Variogram Model

These parameters allow you to fit a model on the experimental variogram(s). Modeling consists in finding a single mathematical function which will capture the spatial behavior of all the variables for all the directions of the space. The model will be saved in the Geostatistical Set and used for subsequent Kriging / Simulations process.

The model is obtained as a linear combination of basic structures, characterized by their type and range. The weights in this linear combination correspond to the sills. In the multivariate case, the set of all the sills constitute the coregionalization matrix for each basic structure.

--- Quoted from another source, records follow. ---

-- ===== src/Text.antt =====
-- Texts as lists of bytes: string literals, `std::to_string`, and `==` of std::string.
pub mod Decimal
pub mod Tests
use Prim.Native.String.{String}
use Prim.Native.Char.{code}
use zns_emulation_bench.Prelude.{
  ℕ, zero, suc, ◌+◌, ◌/◌, ◌%◌, ◌≡◌, refl, Bool, true, false, ◌&&◌, ◌||◌, ◌^◌, min, if◌then◌else◌,
  ◌==◌, List, [], ◌∷◌, arith, ltb, leb, ◌-◌, ◌*◌,
}

abbrev pub Bytes : Type 0
Bytes = List ℕ

abbrev pub codes : String → Bytes
codes String.[] = []
codes (String.◌∷◌ c s) = code c ∷ codes s

-- `std::to_string` of a `uint64_t`, which has at most 20 digits.
unfoldable pub digits_onto : ℕ → ℕ → Bytes → Bytes
digits_onto zero n rest = rest
digits_onto (suc fuel) n rest =
    let shown = (b'0' + n % 10) ∷ rest in
    let more = digits_onto fuel (n / 10) shown in if n / 10 == 0 then shown else more

unfoldable pub to_string : ℕ → Bytes
unfolding digits_onto
to_string n = digits_onto 20 n []

-- `operator==` on texts.
unfoldable pub same_text : Bytes → Bytes → Bool
same_text [] [] = true
same_text (x ∷ xs) (y ∷ ys) = x == y && same_text xs ys
same_text [] (y ∷ ys) = false
same_text (x ∷ xs) [] = false

pub same_text_refl : (xs : Bytes) → same_text xs xs ≡ true
unfolding same_text
same_text_refl [] = refl
same_text_refl (x ∷ xs) = ground (arith, same_text_refl xs)

pub same_text-eq : (xs ys : Bytes) → same_text xs ys ≡ true → xs ≡ ys
unfolding same_text
same_text-eq [] [] e = refl
same_text-eq [] (y ∷ ys) e = cc
same_text-eq (x ∷ xs) [] e = cc
same_text-eq (x ∷ xs) (y ∷ ys) e = ground (arith, same_text-eq xs ys)

abbrev pub is_digit : ℕ → Bool
is_digit c = leb b'0' c && leb c b'9'

unfoldable pub digits : ℕ → Bytes → ℕ
digits acc [] = acc
digits acc (c ∷ cs) =
    let more = digits (acc * 10 + (c - b'0')) cs in if is_digit c then more else acc

-- An `int` is kept as its distance from INT_MIN, which keeps the order; this is 0.
abbrev pub int_zero : ℕ
int_zero = 2 ^ 31

-- What `%d` stores for digits behind a sign, or behind none: `strtol` stops at the bounds of `long`, and
-- the lower 32 bits go into the `int`.
abbrev pub to_int : Bool → ℕ → ℕ
to_int false n = (min n (2 ^ 63 - 1) + int_zero) % 2 ^ 32
to_int true n = (2 ^ 63 - n + int_zero) % 2 ^ 32

abbrev pub is_space : ℕ → Bool
is_space c = c == b' ' || (leb 9 c && leb c 13)

unfoldable pub scan_digits : Bool → Bytes → ℕ → ℕ
unfolding digits
scan_digits negative [] v = v
scan_digits negative (c ∷ cs) v = if is_digit c then to_int negative (digits 0 (c ∷ cs)) else v

unfoldable pub scan_sign : Bytes → ℕ → ℕ
unfolding scan_digits
scan_sign [] v = v
scan_sign (c ∷ cs) v =
    if c == b'-'
    then scan_digits true cs v
    else if c == b'+'
    then scan_digits false cs v
    else scan_digits false (c ∷ cs) v

-- `sscanf(text, "%d", &v)`, which skips white space, and leaves `v` alone where no number follows.
unfoldable pub sscanf_d : Bytes → ℕ → ℕ
unfolding scan_sign
sscanf_d [] v = v
sscanf_d (c ∷ cs) v = let more = sscanf_d cs v in if is_space c then more else scan_sign (c ∷ cs) v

The principle is to minimize the distance between the model and all the different experimental variograms for any calculation distance.

Interface

  • Click Load Parameters to initialize the new model from an existing one (saved in a Geostatistical Set) and select the Geostatistical Set of your choice. Be careful this variogram must have been calculated on the same type of data to be consistent.

    All the variogram model parameters (structures, sills, ranges, rotation...) will be reloaded. If the chosen Geostatistical Set contains both a raw and a gaussian model, then both will be loaded (if both have been calculated). Then go to the Fitting window to improve the model.

    In case of a multivariate Geostatistical Set, a matching table is presented to define to which current variable you want to associate the loaded model. Each corresponding variance is displayed for information. A Normalize Sills toggle can be activated to rescale the global model variance to the variable variance. This option is set by default.

    Note: Old Geostatistical Sets (prior to the 2020.10 version) cannot be reloaded. They are greyed out and identified by an (Obsolete) suffix.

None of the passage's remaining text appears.